JYI: What would you say are the areas of science that are on the rise right now?
Derrick: Areas of science on the rise… Regenerative medicine is certainly on the rise, and with good reason. Gene therapy is certainly back (it emerged in the late 80s and then there was a setback in which first generation vectors led to activation of oncogenes and patients that were being treated for diseases ended up getting cancer due to the viruses they were being treated with. But next generation viruses are much safer and there are currently 1700 gene therapy trials on going, so gene therapy is certainly back, and that’s very exciting. Cas/CRISPR is also very exciting; the idea of correcting genetic mutation at the genetic level has amazing potential. First generation zinc finger nucleases are in patient clinical trails now, with TALENS and Cas/CRISPR surely to follow. Personalized medicine, the ability to deep sequence a patient’s genome cheaply and quickly is very exciting and has huge potential. For example, two patients come in with seemingly the same disease, but actually their underlying genetics of disease are entirely different, and while one patient might be responsive to a certain therapy because it targets the pathway that’s affected in that patient, the other patient might not respond at all. Targeted tumor immuno-therapy with chimeric antigen receptors, is also very exciting as it opens the possibility of targeting immune cells to cancer cells specifically. Aging research is also very exciting right now as there have been multiple studies published recently that suggest that certain aspects of aging might be reversible by targeting certain pathways or molecules. So that’s certainly a very excited area to be in.

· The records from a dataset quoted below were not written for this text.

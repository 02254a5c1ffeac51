-- ===== src/Live/Connection/Samples.antt =====
-- The theorems on concrete connections, and tests.
use memos_note.Common.{
  Text, codes, concat, ◌≡◌, refl, true, false, Option, none, some, List, [], ◌∷◌, ◌++◌,
}
use memos_note.Live.Connection.{
  connected, disconnected, connecting, initial_retry_delay_ms, reading, Live, Event, token_given,
  responded, chunk_read, failed, stream_ended, timer_fires, unmounts, min_delay, connect,
  fetch_first, open_stream, accept, read_chunk, step, run, start,
}
use memos_note.Live.Connection.Cleanup.{run-unmounts, run-unmounts_waiting}
use memos_note.Live.Connection.Liveness.{failures, recovery, run-recovery, failures-min_delay}
use memos_note.Live.Connection.Retry.{IsSound, run-IsSound}
use memos_note.Live.Connection.Reading.{chunks_read, run-chunks_read}
use memos_note.Live.Stream.{
  split_messages, pop, receive, ChangeEvent, events_of_line, events_of_lines, events_of_message,
  events_of_messages,
}
use memos_note.Live.Events.{
  memo_lists, memo_detail, invalidate, memo_updated, comments_of, handle_sse_event,
  handle_sse_events,
}

abbrev updates : Text → Option ChangeEvent
updates s = some (record { type = memo_updated; name = s; parent = none })

abbrev someone : Option Text
someone = some (codes "users/1")

abbrev opening : List Event
opening = token_given (some (codes "t")) ∷ responded (record { status = 200; has_body = true }) ∷ []

abbrev open_connection : Live
open_connection = run updates someone opening (start updates someone)

abbrev two_chunks : List Text
two_chunks = codes "data: memos/1\n" ∷ codes "\ndata: me" ∷ []

opening_test : (open_connection.phase ≡ reading) × (open_connection.status ≡ connected)
unfolding connect step fetch_first accept open_stream
opening_test = (refl, refl)

reading_test :
    (run updates someone (chunks_read two_chunks) open_connection).calls
    ≡ invalidate (memo_detail (codes "memos/1")) ∷ invalidate memo_lists ∷ []
unfolding connect step fetch_first accept open_stream read_chunk receive split_messages pop
    events_of_messages events_of_message events_of_lines events_of_line handle_sse_events
    handle_sse_event comments_of
reading_test = refl

run-IsSound_example : IsSound (
    run updates someone
      (opening ++ (stream_ended ∷ timer_fires ∷ unmounts ∷ []))
      (start updates someone))
run-IsSound_example =
    run-IsSound updates someone (opening ++ (stream_ended ∷ timer_fires ∷ unmounts ∷ []))

run-recovery_example :
    let l = run updates someone (opening ++ (stream_ended ∷ [])) (start updates someone) in
    let l' = run updates someone (recovery (codes "t") l.phase) l in
    (l'.phase ≡ reading) × (l'.status ≡ connected)
run-recovery_example =
    run-recovery updates someone (opening ++ (stream_ended ∷ [])) b't' [] refl refl

failures-min_delay_example :
    (run updates someone
      (failures 7 (codes "t") ++ (token_given (some (codes "t")) ∷ failed false ∷ []))
      (start updates someone)).retry_timeout
    ≡ some 30000
unfolding min_delay
failures-min_delay_example = failures-min_delay updates someone 7 b't' [] refl

run-chunks_read_example :
    (run updates someone (chunks_read two_chunks) open_connection).calls
    ≡ open_connection.calls
      ++ handle_sse_events (events_of_messages updates (pop (split_messages (concat two_chunks))).0)
unfolding connect step fetch_first accept open_stream
run-chunks_read_example = run-chunks_read updates someone two_chunks open_connection refl refl refl

run-unmounts_example :
    let l' =
      run updates someone
        (unmounts ∷ chunk_read (codes "data: memos/1\n\n") ∷ [])
        open_connection in
    (l'.status ≡ disconnected)
    × (l'.retry_timeout ≡ none)
    × (l'.retry_delay ≡ initial_retry_delay_ms)
unfolding connect step fetch_first accept open_stream
run-unmounts_example =
    run-unmounts updates someone (chunk_read (codes "data: memos/1\n\n") ∷ []) open_connection refl

run-unmounts_waiting_example :
    let l' =
      run updates someone
        (unmounts ∷ token_given (some (codes "t")) ∷ [])
        (start updates someone) in
    (l'.mounted ≡ false) × (l'.status ≡ connecting) × (l'.fetches ≡ codes "t" ∷ [])
unfolding connect
run-unmounts_waiting_example =
    run-unmounts_waiting updates someone b't' [] (start updates someone) refl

JYI: What do you think will be the next greatest discovery in the area of science that you’re working in, in stem cell biology?

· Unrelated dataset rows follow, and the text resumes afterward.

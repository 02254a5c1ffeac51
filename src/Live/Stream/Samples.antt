-- ===== src/Live/Stream/Samples.antt =====
-- The theorems on concrete streams, and tests.
use memos_note.Common.{Text, codes, concat, ◌≡◌, refl, Option, none, some, List, [], ◌∷◌}
use memos_note.Live.Stream.{
  split_messages, pop, receive, receive_all, ChangeEvent, events_of_line, events_of_lines,
  events_of_message, events_of_messages,
}
use memos_note.Live.Stream.Chunks.{receive_all-concat}

abbrev cut_stream : List Text
cut_stream = codes "data: 1\n" ∷ codes "\ndata: 2" ∷ codes "\n\nda" ∷ []

receive_all-concat_example : receive_all cut_stream [] ≡ pop (split_messages (concat cut_stream))
receive_all-concat_example = receive_all-concat cut_stream

abbrev last_event : Text → Option ChangeEvent
last_event s = some (record { type = s; name = codes "m"; parent = none })

messages_test : receive_all cut_stream [] ≡ (codes "data: 1" ∷ codes "data: 2" ∷ [], codes "da")
unfolding receive_all receive split_messages pop
messages_test = refl

events_test :
    events_of_messages last_event (codes ": beat" ∷ codes "id: 1\ndata: x" ∷ codes "  " ∷ [])
    ≡ record { type = codes "x"; name = codes "m"; parent = none } ∷ []
unfolding events_of_messages events_of_message events_of_lines events_of_line
events_test = refl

Derrick: You asked specifically in the area I work in, which is hematopoietic stem cell biology, and as you know these cells are the functional units of bone marrow transplant, with approximately 60,000 patients per year get bone marrow transplants, but there’ll be a lot more transplants if there were alternative ways of deriving hematopoietic stem cells. I’m pretty certain that within a couple of years a robust protocol for generating transplantable stem cells from iPS cells, for example, or possibly by reprogramming, or possibly via transdifferentiation from another cell type will be developed and that will I think be really impactful for the translational aspect of hematopoietic stem cell biology and transplantation medicine.